Zhigao Wang was retained as a faculty member in 2012 at UT Southwestern, where he was a postdoctoral fellow, with the help of a First-Time Tenure-Track Award from CPRIT. He joined the faculty of the molecular biology department.
During necroptosis, dying cells rupture and release their contents. This sends signals to the immune system to slurp up the damaged cells and excrete them from the body. Excess necroptosis can be a problem in some diseases, like stroke or heart attack, when cells die from inadequate blood supply; or sepsis, when massive infection causes organ damage or even death.
Wang hopes that by better understanding the mechanisms of necroptosis, researchers can both stop it to protect tissues from harm in these cases, and also reactivate it to kill cancer cells.

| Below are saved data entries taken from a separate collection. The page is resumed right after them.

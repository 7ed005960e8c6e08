-- ===== src/Idle.antt =====
-- src/manager.rs, `IdleThreshold`: the two thresholds in seconds that all workers share.
use thread_pool.Prelude.{ℕ, ◌≤◌, ◌<◌, ◌≡◌, ◌↔◌, ◌⊎◌, arith, if◌then◌else◌, ◌==◌, ◌&&◌, ltb}

pub record IdleThreshold : Type 0 where
  pub hibernate : ℕ
  pub retire : ℕ

-- 0: go on, 1: hibernate, 2: retire.
unfoldable pub idle_stat : IdleThreshold → ℕ → ℕ
idle_stat t period =
    let h = t.hibernate in
    let r = t.retire in
    if ltb 0 h && ltb 0 r
    then (if ltb period h then 0 else if ltb period r then 1 else 2)
    else if ltb 0 h && r == 0
    then (if ltb period h then 0 else 1)
    else if h == 0 && ltb 0 r
    then (if ltb period r then 0 else 2)
    else 0

-- A threshold of 0 is switched off; any other has been passed once the period reaches it.
abbrev pub Passed : ℕ → ℕ → Type 0
Passed threshold period = (0 < threshold) × (threshold ≤ period)

-- A worker hibernates exactly when the first threshold is passed and the second is not, and retires
-- exactly when the second is passed and the first is passed or off; else it goes on, and no other
-- code is returned.
pub idle_stat_codes :
    (t : IdleThreshold) (period : ℕ)
    → ((idle_stat t period ≡ 1) ↔ (Passed t.hibernate period × ¬ Passed t.retire period))
      × ((idle_stat t period ≡ 2)
          ↔ (Passed t.retire period × ((t.hibernate ≡ 0) ⊎ Passed t.hibernate period)))
      × (idle_stat t period ≤ 2)
unfolding idle_stat
idle_stat_codes t period = ground arith
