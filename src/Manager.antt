-- ===== src/Manager.antt =====
-- src/manager.rs, `Manager`: the worker threads of one pool. `&mut self` keeps other threads out, so
-- a spin for its lock finds in the cell what the manager left there; `none` is a panic, or a spin
-- that does not end. The `log` is what was asked of threads and hooks so far.
pub mod Sizing
pub mod Ids
pub mod Shrink
pub mod Jobs
pub mod Lock
pub mod Cleanup
pub mod Valid
pub mod Growth
pub mod Runs
use thread_pool.Prelude.{
  ℕ, String, zero, suc, ◌+◌, ◌-◌, ◌*◌, ◌%◌, Bool, true, false, List, [], ◌∷◌, ◌++◌, Option, none,
  some, if◌then◌else◌, ◌==◌, ltb, length, get_elem?, ◌≡◌, refl,
}
use thread_pool.Prelude.Vec.{swap_remove}
use thread_pool.Model.{Event, expire_period}
use thread_pool.Model.Backoff
use thread_pool.Model.Backoff.{alone, minus_one}
use thread_pool.Behaviors.{StatusBehaviors, call_hook}
use thread_pool.Config.{Config}
use thread_pool.Idle.{IdleThreshold}
use thread_pool.Worker
use thread_pool.Worker.{Worker, Queue, pri, norm, ThreadName}

-- `usize` arithmetic wraps at 2 ^ 64.
abbrev pub usize : ℕ → ℕ
usize n = n % 18446744073709551616

abbrev pub init_id : ℕ
init_id = 15

pub record Manager : Type 0 where
  pub config : Config
  pub workers : List Worker
  pub mutating : ℕ
  pub last_worker_id : ℕ
  pub idle_threshold : IdleThreshold
  pub chan : Queue × Queue
  pub log : List Event

abbrev pub logs : Manager → List Event → Manager
logs m es = record m { log = m.log ++ es }

abbrev taken : Manager → Option (ℕ × List Backoff.Pause) → Option Manager
taken m none = none
taken m (some (cell, pauses)) = some (record m { mutating = cell })

-- `Backoff for Manager`
unfoldable pub spin_update : Manager → ℕ → Option Manager
unfolding Backoff.spin_update
spin_update m new = taken m (Backoff.spin_update (alone m.mutating ∷ []) new)

abbrev conceded : Manager → Option (Bool × ℕ) → Option (Bool × Manager)
conceded m none = none
conceded m (some (done, cell)) = some (done, record m { mutating = cell })

unfoldable pub concede_update : Manager → ℕ → Option (Bool × Manager)
unfolding Backoff.concede_update
concede_update m new = conceded m (Backoff.concede_update m.mutating (alone m.mutating ∷ []) new)

unfoldable pub reset_lock : Manager → Manager
reset_lock m = record m { mutating = Backoff.reset_lock }

-- The loop of `worker_cleanup`, with its two indices; `swap_remove` drops what it returns. `none`
-- is an index out of range, or the end of the fuel.
unfoldable pub cleanup_loop : ℕ → ℕ → ℕ → Manager → Option Manager
cleanup_loop zero pos end m = none
cleanup_loop (suc fuel) pos end m = elim (ltb pos end) [
  | false ↦ some m
  | true ↦ elim (get_elem? m.workers pos) [
    | none ↦ none
    | some w ↦ elim (Worker.is_terminated w) [
      | false ↦ cleanup_loop fuel (pos + 1) end m
      | true ↦ elim (swap_remove m.workers pos) [
        | none ↦ none
        | some (gone, rest) ↦
            let (joined, events) = Worker.retire w in
            cleanup_loop fuel pos (end - 1)
              (logs (record m { workers = rest }) (events ++ Worker.drop joined))
      ]
    ]
  ]
]

-- One round for each worker and one to see the end.
unfoldable pub worker_cleanup : Manager → Option Manager
unfolding cleanup_loop
worker_cleanup m = cleanup_loop (suc (length m.workers)) 0 (length m.workers) m

abbrev worker_name : Option String → ℕ → Option ThreadName
worker_name none id = none
worker_name (some base) id = some (record { base = base; number = id })

-- The body of the loop in `add_workers`. The pair is cloned as (rx, pri_rx) and handed on swapped.
unfoldable pub push_worker : ℕ → Bool → Manager → Manager
push_worker offset privileged m =
    let id = usize (m.last_worker_id + offset) in
    let (rx, pri_rx) = m.chan in
    let name = worker_name m.config.pool_name id in
    let (worker, events) =
      Worker.new name id m.config.thread_size privileged (pri_rx, rx) m.config.worker_behaviors in
    logs (record m { workers = m.workers ++ worker ∷ [] }) events

-- `for offset in 1..=count`, from an offset on.
unfoldable pub push_workers : ℕ → ℕ → Bool → Manager → Manager
unfolding push_worker
push_workers zero offset privileged m = m
push_workers (suc n) offset privileged m =
    push_workers n (offset + 1) privileged (push_worker offset privileged m)

-- The cleanup of `add_workers`, once any worker has been added.
unfoldable pub cleanup_if_used : Manager → Option Manager
cleanup_if_used m = if ltb init_id m.last_worker_id then worker_cleanup m else some m

unfoldable pub add_workers : ℕ → Bool → Manager → Option Manager
unfolding cleanup_if_used
add_workers count privileged m = if count == 0 then some m else elim (cleanup_if_used m) [
  | none ↦ none
  | some cleaned ↦ elim (concede_update cleaned 1) [
    | none ↦ none
    | some (mine, locked) ↦
        if mine
        then (let grown = reset_lock (push_workers count 1 privileged locked) in
            some (record grown { last_worker_id = usize (grown.last_worker_id + count) }))
        else some locked
  ]
]

unfoldable pub build : Config → ℕ → Queue → Queue → Bool → Option Manager
build config range pri_rx rx lazy_built =
    let m : Manager = record {
      config = config;
      workers = [];
      mutating = 0;
      last_worker_id = init_id;
      idle_threshold = record { hibernate = expire_period; retire = 4 * expire_period };
      chan = (pri_rx, rx);
      log = [];
    } in
    if lazy_built then some m else add_workers range true m

-- One worker leaving the vector in `remove_all`; it is dropped at the end of the loop's body.
unfoldable pub drain_worker : Bool → StatusBehaviors → Worker → List Event
drain_worker sync behavior w =
    if sync
    then (let (joined, events) = Worker.retire w in
        call_hook behavior.before_drop w.id
        ++ events
        ++ call_hook behavior.after_drop w.id
        ++ Worker.drop joined)
    else Worker.drop w

unfoldable pub drain_workers : Bool → StatusBehaviors → List Worker → List Event
drain_workers sync behavior [] = []
drain_workers sync behavior (w ∷ ws) =
    drain_worker sync behavior w ++ drain_workers sync behavior ws

abbrev is_empty : List Worker → Bool
is_empty [] = true
is_empty (w ∷ ws) = false

unfoldable pub remove_all : Bool → Manager → Option Manager
unfolding drain_workers
remove_all sync m = if is_empty m.workers then some m else elim (spin_update m minus_one) [
  | none ↦ none
  | some locked ↦
      let drained =
        logs (record locked { workers = [] })
          (drain_workers sync locked.config.worker_behaviors locked.workers) in
      some (record (reset_lock drained) { last_worker_id = init_id })
]

unfoldable pub wake_all : List Worker → List Event
wake_all [] = []
wake_all (w ∷ ws) = Worker.wake_up w ++ wake_all ws

unfoldable pub wake_up : Manager → Manager
unfolding wake_all
wake_up m = logs m (wake_all m.workers)
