-- ===== src/Manager/Jobs.antt =====
-- src/manager.rs, `JobManagement`: dropping queued messages. `queues` are the two channels of the
-- pool, priority and normal; `from` is the number of one.
pub mod Drops
use thread_pool.Prelude.{ℕ, zero, suc, ◌+◌, Bool, true, false, Result, ok, err, if◌then◌else◌, ◌==◌}
use thread_pool.Channel.{Channel}
use thread_pool.Worker.{Queue, pri, norm}
use thread_pool.Manager.{Manager}

pub record Queues (c : Channel) : Type 0 where
  pub pri_state : c.State
  pub norm_state : c.State

abbrev pub chan_of : ℕ → Queue × Queue → Queue
chan_of from chan = if from == 0 then chan.0 else chan.1

abbrev pub one_if_ok : {A E : Type 0} → Result A E → ℕ
one_if_ok (ok a) = 1
one_if_ok (err e) = 0

module _ (c : Channel) where
  abbrev pub at : Queue → Queues c → c.State
  at pri q = q.pri_state
  at norm q = q.norm_state

  abbrev pub put : Queue → c.State → Queues c → Queues c
  put pri s q = record q { pri_state = s }
  put norm s q = record q { norm_state = s }

  unfoldable pub drop_one : ℕ → Manager → Queues c → ℕ × Queues c
  drop_one from m queues =
      let chan = chan_of from m.chan in
      if c.is_empty (at chan queues)
      then (0, queues)
      else let (r, t) = c.try_recv (at chan queues) in (one_if_ok r, put chan t queues)

  -- `while count < target`, with what is left of the target.
  unfoldable pub drop_loop : ℕ → ℕ → c.State → ℕ × c.State
  drop_loop zero count s = (count, s)
  drop_loop (suc left) count s =
      let (r, t) = c.try_recv s in
      elim r [ err e ↦ (count, t) | ok m ↦ drop_loop left (count + 1) t ]

  unfoldable pub drop_many : ℕ → ℕ → Manager → Queues c → ℕ × Queues c
  unfolding drop_loop
  drop_many from target m queues =
      let chan = chan_of from m.chan in
      if c.is_empty (at chan queues)
      then (0, queues)
      else let (count, t) = drop_loop target 0 (at chan queues) in (count, put chan t queues)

In order to either avert or promote cell death, Wang is screening large numbers of biologically active molecules to ascertain their effects. He’s found about 20 compounds that can block cell death, and is working on the two most promising. So far, he has found that using these compounds, he can prevent sepsis in animal models.
For inducing cell death, Wang is screening extracts used in traditional Chinese medicine. One of the people who joined his lab is an expert in Chinese medicine and brought 300 extracts with her from China for study. So far, they have found one extract that is extremely effective at killing cancer cells, and are subjecting it to further study in order to find out how it works.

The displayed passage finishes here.